● **What is expected**
Search the records for the word "events" and pick out every line that has it.

★ ★ ★

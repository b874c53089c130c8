-- ===== src/Tests/Caching.antt =====
-- A Redis server that keeps its keys, and reads through it.
use order_lifecycle_backend.Prelude.{
  map, ℕ, every, length, suc, ◌≡◌, refl, ◌+◌, Bool, true, false, ◌||◌, ◌==◌, if◌then◌else◌, none,
  some, List, [], ◌∷◌, arith,
}
use order_lifecycle_backend.Entities.{completed, inventory}
use order_lifecycle_backend.World.{
  Cached, Platform, World, ok, RedisCommand, set, del, RedisKey, order_key, user_orders_key, Reply,
  value, null, pure,
}
use order_lifecycle_backend.Messaging.EventOnce.{process_event_once, skipped}
use order_lifecycle_backend.Messaging.Inbox.{run_once, run_once_seeing, insert_processed}
use order_lifecycle_backend.Orders.Reading.{
  rehydrate_order, list_orders_for_user, find_user_orders, cache_list, is_terminal,
}
use order_lifecycle_backend.Messaging.Outbox.{enqueue}
use order_lifecycle_backend.Cache.{del_keys}
use order_lifecycle_backend.Orders.StateMachine.{is_terminal_status}
use order_lifecycle_backend.Orders.Creation.{OrderLine, create_order, insert_order, make_items}
use order_lifecycle_backend.Orders.Creation.Commit.{IsCommitted, create_order-IsCommitted}
use order_lifecycle_backend.Orders.Reading.Staleness.{IsPrompt, list_orders_for_user-stale}
use order_lifecycle_backend.Payment.Gateway.{charge}
use order_lifecycle_backend.Lifecycle.System.{reserving, cancelling, run, run_once_ever}
use order_lifecycle_backend.Lifecycle.Cached.{Session, Event, calling, fetching, storing}
use order_lifecycle_backend.Tests.{platform, world, order, line, creation_event}

abbrev pub same_key : RedisKey → RedisKey → Bool
same_key (order_key i) (order_key j) = i == j
same_key (user_orders_key i) (user_orders_key j) = i == j
same_key _ _ = false

abbrev pub deletes : List RedisKey → RedisKey → Bool
deletes [] key = false
deletes (k ∷ ks) key = same_key k key || deletes ks key

-- The newest value under a key, unless it has been deleted since.
abbrev pub newest : List RedisCommand → RedisKey → Reply
newest [] key = null
newest (set k v ttl ∷ log) key = if same_key k key then value v else newest log key
newest (del ks ∷ log) key = if deletes ks key then null else newest log key

abbrev pub server : Platform
server = record {
  redis_get = λ now log key. newest log key;
  redis_accepts = λ now log command. true;
  random_uuid = λ n. n + 100;
}

-- A read of a completed order in flight while another one misses, and the order stored in between.
abbrev events : List Event
events = fetching 1 7 ∷ calling (cancelling 1 7) ∷ storing 0 ∷ []

abbrev session : Session
session = record { world = world (order completed (some 20)); in_flight = [] }

-- The work of a first delivery, which has no statements of its own.
abbrev handled : World
handled = (run_once 3 inventory (pure tt) (world (order completed none))).1

first_delivery :
    run_once 3 inventory (pure tt) (world (order completed none)) ≡ (ok (some tt), handled)
unfolding run_once run_once_seeing insert_processed
first_delivery = refl

-- The world after a redelivery of the message.
abbrev later : World
later = run platform charge (reserving (some 3) (creation_event (line 5 2 ∷ [])) ∷ []) handled

run_once_ever_example :
    (run_once 3 inventory (pure {A = ℕ} 5) later ≡ (ok none, later))
    × ((process_event_once (some 3) inventory (pure {A = ℕ} 5) later).0 ≡ ok skipped)
    × ((process_event_once (some 3) inventory (pure {A = ℕ} 5) later).1.db ≡ later.db)
run_once_ever_example =
    run_once_ever platform charge 3 inventory (pure tt) (world (order completed none)) handled tt
      first_delivery (reserving (some 3) (creation_event (line 5 2 ∷ [])) ∷ []) (pure {A = ℕ} 5)

prompt_key :
    (log : List RedisCommand) (key : RedisKey) (v : Cached) (ttl : ℕ)
    → newest (set key v ttl ∷ log) key ≡ value v
prompt_key log (order_key i) v ttl = ground arith
prompt_key log (user_orders_key u) v ttl = ground arith

server-IsPrompt : IsPrompt server
server-IsPrompt now log key v ttl = (refl, prompt_key log key v ttl)

abbrev book : OrderLine
book = record { product_id = 5; product_name = "book"; quantity = 2 }

abbrev before : World
before = world (order completed (some 20))

all_terminal : every is_terminal (find_user_orders 7 before.db) ≡ true
unfolding find_user_orders is_terminal_status
all_terminal = refl

caching_on : (create_order server 7 (book ∷ []) before).1.cache_enabled ≡ true
unfolding create_order insert_order make_items enqueue del_keys
caching_on = refl

create_order-IsCommitted_example :
    IsCommitted server 7 (book ∷ []) before (create_order server 7 (book ∷ []) before)
create_order-IsCommitted_example = create_order-IsCommitted server 7 (book ∷ []) before

list_orders_for_user-stale_example :
    ((list_orders_for_user server 7
        (cache_list server 7
          (find_user_orders 7 before.db)
          (create_order server 7 (book ∷ []) before).1).1).0
      ≡ ok (map rehydrate_order (find_user_orders 7 before.db)))
    × (length (
          find_user_orders 7
            (cache_list server 7
              (find_user_orders 7 before.db)
              (create_order server 7 (book ∷ []) before).1).1.db)
        ≡ suc (length (find_user_orders 7 before.db)))
list_orders_for_user-stale_example =
    list_orders_for_user-stale server server-IsPrompt 7 (book ∷ []) before all_terminal caching_on
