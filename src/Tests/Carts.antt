-- ===== src/Tests/Carts.antt =====
-- Two checkouts of one cart, two creations of an open cart, and a line set twice.
use order_lifecycle_backend.Prelude.{ℕ, ◌≡◌, refl, false, none, some, [], ◌∷◌}
use order_lifecycle_backend.Entities.{Cart, CartItem, Order, pending}
use order_lifecycle_backend.World.{World, ok, err, conflict}
use order_lifecycle_backend.Cache.{del_keys}
use order_lifecycle_backend.Messaging.Outbox.{enqueue}
use order_lifecycle_backend.Orders.Creation.{make_items, insert_order, create_order}
use order_lifecycle_backend.Cart.{OpenCart, view, claim_cart, check_out_read, create_open_cart}
use order_lifecycle_backend.Cart.Lines.{open_row, create_open_cart-answers}
use order_lifecycle_backend.Cart.Checkout.{check_out_twice}
use order_lifecycle_backend.Tests.{platform, world, order}

abbrev item : ℕ → CartItem
item quantity = record { cart_id = 2; product_id = 5; quantity = quantity }

abbrev cart : Cart
cart = record { id = 2; user_id = 7; checked_out_at = none }

abbrev start : World
start = record (world (order pending none)) {
  db = record ((world (order pending none)).db) { carts = cart ∷ []; cart_items = item 3 ∷ [] };
}

abbrev filled : OpenCart
filled = view start.db cart

abbrev checked_out : World
checked_out = (check_out_read platform 7 filled start).1

abbrev placed : Order
placed = record {
  id = 100;
  user_id = 7;
  status = pending;
  payment_initiated_at = none;
  payment_text = false;
  items = some (
      record { id = 101; order_id = 100; product_id = 5; product_name = "pen"; quantity = 3 } ∷ []);
  created_at = 50;
  updated_at = 50;
}

checks_out : check_out_read platform 7 filled start ≡ (ok placed, checked_out)
unfolding check_out_read claim_cart create_order insert_order make_items enqueue del_keys
checks_out = refl

check_out_twice_example :
    ((check_out_read platform 7 filled checked_out).0 ≡ err conflict)
    × ((check_out_read platform 7 filled checked_out).1.db ≡ checked_out.db)
check_out_twice_example =
    check_out_twice platform 7 7 filled filled placed start checked_out checks_out refl

create_open_cart-answers_example :
    (v : OpenCart) × ((create_open_cart platform 7 start).0 ≡ ok v)
    × (open_row 7 (create_open_cart platform 7 start).1 ≡ some v.cart)
create_open_cart-answers_example = create_open_cart-answers platform 7 start
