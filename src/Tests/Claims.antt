-- ===== src/Tests/Claims.antt =====
-- A payment confirmation and a cancellation of one reserved order, in either order, and reads of
-- an order.
use order_lifecycle_backend.Prelude.{◌∷◌, [], ◌≡◌, refl, none, some, [], find_by}
use order_lifecycle_backend.Entities.{Order, pending, reserved, paid, cancelled}
use order_lifecycle_backend.World.{World, ok, err, conflict}
use order_lifecycle_backend.Cache.{get, del_keys}
use order_lifecycle_backend.Messaging.Outbox.{enqueue}
use order_lifecycle_backend.Products.{restore_lines, restore_stock}
use order_lifecycle_backend.Orders.Rows.{order_id, set_status}
use order_lifecycle_backend.Orders.Reading.{find_user_order, get_order_for_user}
use order_lifecycle_backend.Orders.StateMachine.{is_terminal_status}
use order_lifecycle_backend.Orders.Transition.{transition_order_seeing}
use order_lifecycle_backend.Orders.Transition.Cas.{Transitioned, transition_order_seeing-cases}
use order_lifecycle_backend.Orders.PaymentClaim.{claim_payment, claim_and_enqueue, confirm_payment}
use order_lifecycle_backend.Orders.Cancellation.{claim_cancel, cancel_read_order}
use order_lifecycle_backend.Orders.Races.{
  cancel_then_confirm, cancel_then_cancel, confirm_then_cancel,
}
use order_lifecycle_backend.Orders.Races.Restoring.{cancel_read_order_leaks}
use order_lifecycle_backend.Tests.{platform, world, order}

abbrev start : World
start = world (order reserved none)

abbrev confirmed : World
confirmed = (confirm_payment platform 1 (order reserved none) start).1

abbrev dropped : World
dropped = (cancel_read_order platform 1 (order reserved none) start).1

confirms :
    confirm_payment platform 1 (order reserved none) start
    ≡ (ok (order reserved (some 50)), confirmed)
unfolding confirm_payment claim_and_enqueue claim_payment enqueue del_keys
confirms = refl

cancels :
    cancel_read_order platform 1 (order reserved none) start ≡ (ok (order cancelled none), dropped)
unfolding cancel_read_order claim_cancel restore_stock restore_lines del_keys
cancels = refl

cancel_then_confirm_example :
    ((confirm_payment platform 1 (order reserved none) dropped).0 ≡ err conflict)
    × ((confirm_payment platform 1 (order reserved none) dropped).1.db ≡ dropped.db)
cancel_then_confirm_example =
    cancel_then_confirm platform 1 (order reserved none) (order reserved none)
      (order cancelled none) start dropped cancels

cancel_then_cancel_example :
    ((cancel_read_order platform 1 (order pending none) dropped).0 ≡ err conflict)
    × ((cancel_read_order platform 1 (order pending none) dropped).1.db ≡ dropped.db)
cancel_then_cancel_example =
    cancel_then_cancel platform 1 (order reserved none) (order pending none) (order cancelled none)
      start dropped cancels

confirm_then_cancel_example :
    ((cancel_read_order platform 1 (order pending none) confirmed).0 ≡ err conflict)
    × ((cancel_read_order platform 1 (order pending none) confirmed).1.db ≡ confirmed.db)
confirm_then_cancel_example =
    confirm_then_cancel platform 1 (order reserved none) (order pending none)
      (order reserved (some 50)) start confirmed (refl, tt) confirms

cancel_read_order_leaks_example :
    ((cancel_read_order platform 1 (order pending none) start).0 ≡ ok (order cancelled none))
    × (find_by order_id 1 (cancel_read_order platform 1 (order pending none) start).1.db.orders
        ≡ some (set_status cancelled 50 (order reserved none)))
    × ((cancel_read_order platform 1 (order pending none) start).1.db.products ≡ start.db.products)
cancel_read_order_leaks_example =
    cancel_read_order_leaks platform 1 (order pending none) start (order reserved none) refl refl
      refl refl

-- The order that was read as RESERVED has been cancelled since.
transition_order_seeing-cases_example :
    Transitioned (order reserved none ∷ []) 1 paid (world (order cancelled none)) (
      transition_order_seeing platform
        (order reserved none ∷ [])
        1
        paid
        (world (order cancelled none)))
transition_order_seeing-cases_example =
    transition_order_seeing-cases platform (order reserved none ∷ []) 1 paid
      (world (order cancelled none))

abbrev shown : Order
shown = record (order reserved none) { items = some [] }

finds : (get_order_for_user platform 1 7 start).0 ≡ ok shown
unfolding get_order_for_user find_user_order get is_terminal_status
finds = refl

★ ★ ★

● **Answer for this exercise**
abbrev events : List Event
events = fetching 1 7 ∷ calling (cancelling 1 7) ∷ storing 0 ∷ []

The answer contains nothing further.